А сейчас мне требовалось время на восстановление, и почему-то я была уверена, что свет предоставит мне его. Скорее всего, Старец пока не появится, ведь у него таких, как я… Ай, я не знала, скольких ещё ему нужно было посетить и покалечить. Да и не желала его видеть, если честно. Моя ненависть к Свету немного улеглась после всего, что Елиазар поведал в заброшенном доме, хотя от его повествования голова до сих пор шла кругом. Я чувствовала себя средневековым человеком, которому пытались объяснить устройство вселенной: что земля была шарообразной, а не плоской, что она вращалась вокруг солнца, а не наоборот, и что звёзды — это не крошечные, светящиеся камни, приклеенные к небесному своду, а бесчисленное множество подобных солнц, паривших в бесконечной пустоте под названием «Космос». Рассказ Елиазара перечеркивал все мои представления о жизни, об устройстве мира и о земных религиях. Однако благодаря ему за рассыпавшейся старой реальностью, наконец, замаячила новая — странная и непонятная, но хоть какая-то. Вот только я по-прежнему не понимала, зачем Высшим Силам понадобились наши жалкие жизни. Разве могли мы решать Судьбы миллионов, если даже со своими не способны были разобраться? Зачем они боролись за нас и пытались поделить? Может, вовсе не из-за нашей ценности, а из-за нашей цены? Вдруг мы являлись разменными монетами, которые Высшие Силы, подверженные схожим порокам, использовали для собственного превосходства?..
Мне казалось, что, получив ответы, я успокоюсь. Но я лишь заглянула через маленькую щёлочку в другой, высший мир, и вопросов стало ещё больше…
—Уже очнулась?— удивлённо спросила девушка, бесшумно появившаяся на пороге палаты.
Я с трудом перевела на неё взгляд и сфокусировала внимание, которое витало в иных мирах.
Это оказалась медсестра — стройная, молодая и, наверное, красивая, поскольку из-за обилия косметики естественные черты её лица почти не просматривались. Золотые волосы лежали аккуратными локонами, создавая вокруг головы подобие гривы и выдавая уйму времени, которую девушка потратила на создание своей причёски. Я слегка кивнула в ответ, больше только глазами. А когда, наконец, смогла поймать её взгляд, то вместо радости и облегчения обнаружила на кукольном лице недовольное и нетерпеливое выражение, заставившее съёжиться под тонкой простынёй. Наверное, я испортила ей спокойную смену…

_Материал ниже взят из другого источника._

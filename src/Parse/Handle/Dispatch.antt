-- ===== src/Parse/Handle/Dispatch.antt =====
-- The `switch` of `Tree::Parse`, lib/Parse/Tree.cc, over the states of State.def.
use cocktail_lang.Prelude.{Option}
use cocktail_lang.Parse.Context.{Context}
use cocktail_lang.Parse.State.{
  State, index_expression, index_expression_finish, array_expression, array_expression_semi,
  array_expression_finish, brace_expression, brace_expression_parameter_as_type,
  brace_expression_parameter_as_value, brace_expression_parameter_as_unknown,
  brace_expression_parameter_after_designator_as_type,
  brace_expression_parameter_after_designator_as_value,
  brace_expression_parameter_after_designator_as_unknown, brace_expression_parameter_finish_as_type,
  brace_expression_parameter_finish_as_value, brace_expression_parameter_finish_as_unknown,
  brace_expression_finish_as_type, brace_expression_finish_as_value,
  brace_expression_finish_as_unknown, call_expression, call_expression_parameter_finish,
  call_expression_finish, code_block, code_block_finish, declaration_name_and_params_as_none,
  declaration_name_and_params_as_optional, declaration_name_and_params_as_required,
  declaration_name_and_params_after_name_as_none,
  declaration_name_and_params_after_name_as_optional,
  declaration_name_and_params_after_name_as_required, declaration_name_and_params_after_deduced,
  declaration_scope_loop, period_as_declaration, period_as_expression, period_as_struct,
  arrow_expression, expression, expression_in_postfix, expression_in_postfix_loop, expression_loop,
  expression_loop_for_binary, expression_loop_for_prefix, if_expression_finish_condition,
  if_expression_finish_then, if_expression_finish_else, if_expression_finish,
  expression_statement_finish, function_introducer, function_after_parameters,
  function_return_type_finish, function_signature_finish, function_definition_finish, namespace,
  namespace_finish, package_state, parameter_as_deduced, parameter_as_regular,
  parameter_finish_as_deduced, parameter_finish_as_regular, parameter_list_as_deduced,
  parameter_list_as_regular, parameter_list_finish_as_deduced, parameter_list_finish_as_regular,
  paren_condition_as_if, paren_condition_as_while, paren_condition_finish_as_if,
  paren_condition_finish_as_while, paren_expression, paren_expression_parameter_finish_as_unknown,
  paren_expression_parameter_finish_as_tuple, paren_expression_finish_as_normal,
  paren_expression_finish_as_tuple, pattern_as_deduced_parameter, pattern_as_parameter,
  pattern_as_variable, pattern_as_let, pattern_address, pattern_template, pattern_finish_as_generic,
  pattern_finish_as_regular, statement, statement_break_finish, statement_continue_finish,
  statement_for_header, statement_for_header_in, statement_for_header_finish, statement_for_finish,
  statement_if, statement_if_condition_finish, statement_if_then_block_finish,
  statement_if_else_block_finish, statement_return, statement_return_finish, statement_scope_loop,
  statement_while, statement_while_condition_finish, statement_while_block_finish,
  type_definition_finish_as_class, type_definition_finish_as_interface,
  type_definition_finish_as_named_constraint, type_introducer_as_class,
  type_introducer_as_interface, type_introducer_as_named_constraint, type_after_params_as_class,
  type_after_params_as_interface, type_after_params_as_named_constraint, var_as_semicolon,
  var_as_for, var_after_pattern, var_finish_as_semicolon, var_finish_as_for, let_state,
  let_after_pattern, let_finish,
}
use cocktail_lang.Parse.Handle.Brackets.{
  handle_index_expression, handle_index_expression_finish, handle_array_expression,
  handle_array_expression_semi, handle_array_expression_finish, handle_call_expression,
  handle_call_expression_parameter_finish, handle_call_expression_finish, handle_paren_expression,
  handle_paren_expression_parameter_finish_as_unknown,
  handle_paren_expression_parameter_finish_as_tuple, handle_paren_expression_finish_as_normal,
  handle_paren_expression_finish_as_tuple,
}
use cocktail_lang.Parse.Handle.Braces.{
  handle_brace_expression, handle_brace_expression_parameter_as_type,
  handle_brace_expression_parameter_as_value, handle_brace_expression_parameter_as_unknown,
  handle_brace_expression_parameter_after_designator_as_type,
  handle_brace_expression_parameter_after_designator_as_value,
  handle_brace_expression_parameter_after_designator_as_unknown,
  handle_brace_expression_parameter_finish_as_type,
  handle_brace_expression_parameter_finish_as_value,
  handle_brace_expression_parameter_finish_as_unknown, handle_brace_expression_finish_as_type,
  handle_brace_expression_finish_as_value, handle_brace_expression_finish_as_unknown,
}
use cocktail_lang.Parse.Handle.CodeBlock.{
  handle_code_block, handle_code_block_finish, handle_paren_condition_as_if,
  handle_paren_condition_as_while, handle_paren_condition_finish_as_if,
  handle_paren_condition_finish_as_while,
}
use cocktail_lang.Parse.Handle.Names.{
  handle_declaration_name_and_params_as_none, handle_declaration_name_and_params_as_optional,
  handle_declaration_name_and_params_as_required,
  handle_declaration_name_and_params_after_name_as_none,
  handle_declaration_name_and_params_after_name_as_optional,
  handle_declaration_name_and_params_after_name_as_required,
  handle_declaration_name_and_params_after_deduced, handle_period_as_declaration,
  handle_period_as_expression, handle_period_as_struct, handle_arrow_expression,
}
use cocktail_lang.Parse.Handle.Declaration.{
  handle_declaration_scope_loop, handle_function_introducer, handle_function_after_parameters,
  handle_function_return_type_finish, handle_function_signature_finish,
  handle_function_definition_finish, handle_namespace, handle_namespace_finish,
}
use cocktail_lang.Parse.Handle.Expression.{
  handle_expression, handle_expression_loop, handle_expression_loop_for_binary,
  handle_expression_loop_for_prefix,
}
use cocktail_lang.Parse.Handle.Expression.Primary.{
  handle_expression_in_postfix, handle_expression_in_postfix_loop,
}
use cocktail_lang.Parse.Handle.Expression.Choice.{
  handle_if_expression_finish_condition, handle_if_expression_finish_then,
  handle_if_expression_finish_else, handle_if_expression_finish, handle_expression_statement_finish,
}
use cocktail_lang.Parse.Handle.Package.{handle_package}
use cocktail_lang.Parse.Handle.Parameters.{
  handle_parameter_as_deduced, handle_parameter_as_regular, handle_parameter_finish_as_deduced,
  handle_parameter_finish_as_regular, handle_parameter_list_as_deduced,
  handle_parameter_list_as_regular, handle_parameter_list_finish_as_deduced,
  handle_parameter_list_finish_as_regular, handle_pattern_as_deduced_parameter,
  handle_pattern_as_parameter, handle_pattern_as_variable, handle_pattern_as_let,
  handle_pattern_address, handle_pattern_template, handle_pattern_finish_as_generic,
  handle_pattern_finish_as_regular,
}
use cocktail_lang.Parse.Handle.Statement.{
  handle_statement, handle_statement_break_finish, handle_statement_continue_finish,
  handle_statement_for_header, handle_statement_for_header_in, handle_statement_for_header_finish,
  handle_statement_for_finish, handle_statement_if, handle_statement_if_condition_finish,
  handle_statement_if_then_block_finish, handle_statement_if_else_block_finish,
  handle_statement_return, handle_statement_return_finish, handle_statement_scope_loop,
  handle_statement_while, handle_statement_while_condition_finish,
  handle_statement_while_block_finish,
}
use cocktail_lang.Parse.Handle.Types.{
  handle_type_definition_finish_as_class, handle_type_definition_finish_as_interface,
  handle_type_definition_finish_as_named_constraint, handle_type_introducer_as_class,
  handle_type_introducer_as_interface, handle_type_introducer_as_named_constraint,
  handle_type_after_params_as_class, handle_type_after_params_as_interface,
  handle_type_after_params_as_named_constraint,
}
use cocktail_lang.Parse.Handle.Binding.{
  handle_var_as_semicolon, handle_var_as_for, handle_var_after_pattern,
  handle_var_finish_as_semicolon, handle_var_finish_as_for, handle_let, handle_let_after_pattern,
  handle_let_finish,
}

Мелкими шажками медсестра подошла к кровати и стала возиться с приборами над моей головой, что-то там поправляя или делая вид, что поправляла. Двигалась она как-то неестественно и заученно грациозно, совершая ненужные движения кистями рук и бёдрами, словно за ней могли постоянно наблюдать.
—Долго?..— прохрипела я через маску.
—Что долго?— непонимающе захлопала она голубыми глазищами.
—Долго… Я без сознания?
—А… Да. Второй день уже,— она быстро сняла бутыль с подставки, явно спеша закончить дела и вернуться к чтению модного журнала.— Думали, что ты очнёшься только завтра. Если вообще очнёшься… Что-нибудь болит?
Последние слова прозвучали с явно наигранным беспокойством, заставив меня усмехнуться. И эта усмешка жёстко отдалась болью в злосчастном боку.
—Всё…— выдавила я, перестав веселиться.
—Немудрено! Я скажу доктору, что…
Замолкнув на середине фразы, девушка юркнула под занавеску и принялась громыхать чем-то в другом конце палаты. А через десять или пятнадцать минут снова появилась в моём поле зрения, неся в руках пустые бутылки из-под лекарств.
—Ты у нас ещё бомж.
—А?..
—Не зарегистрирована нормально. Имя, фамилию помнишь? Номер телефона, адрес? Чтобы родственники принесли документы.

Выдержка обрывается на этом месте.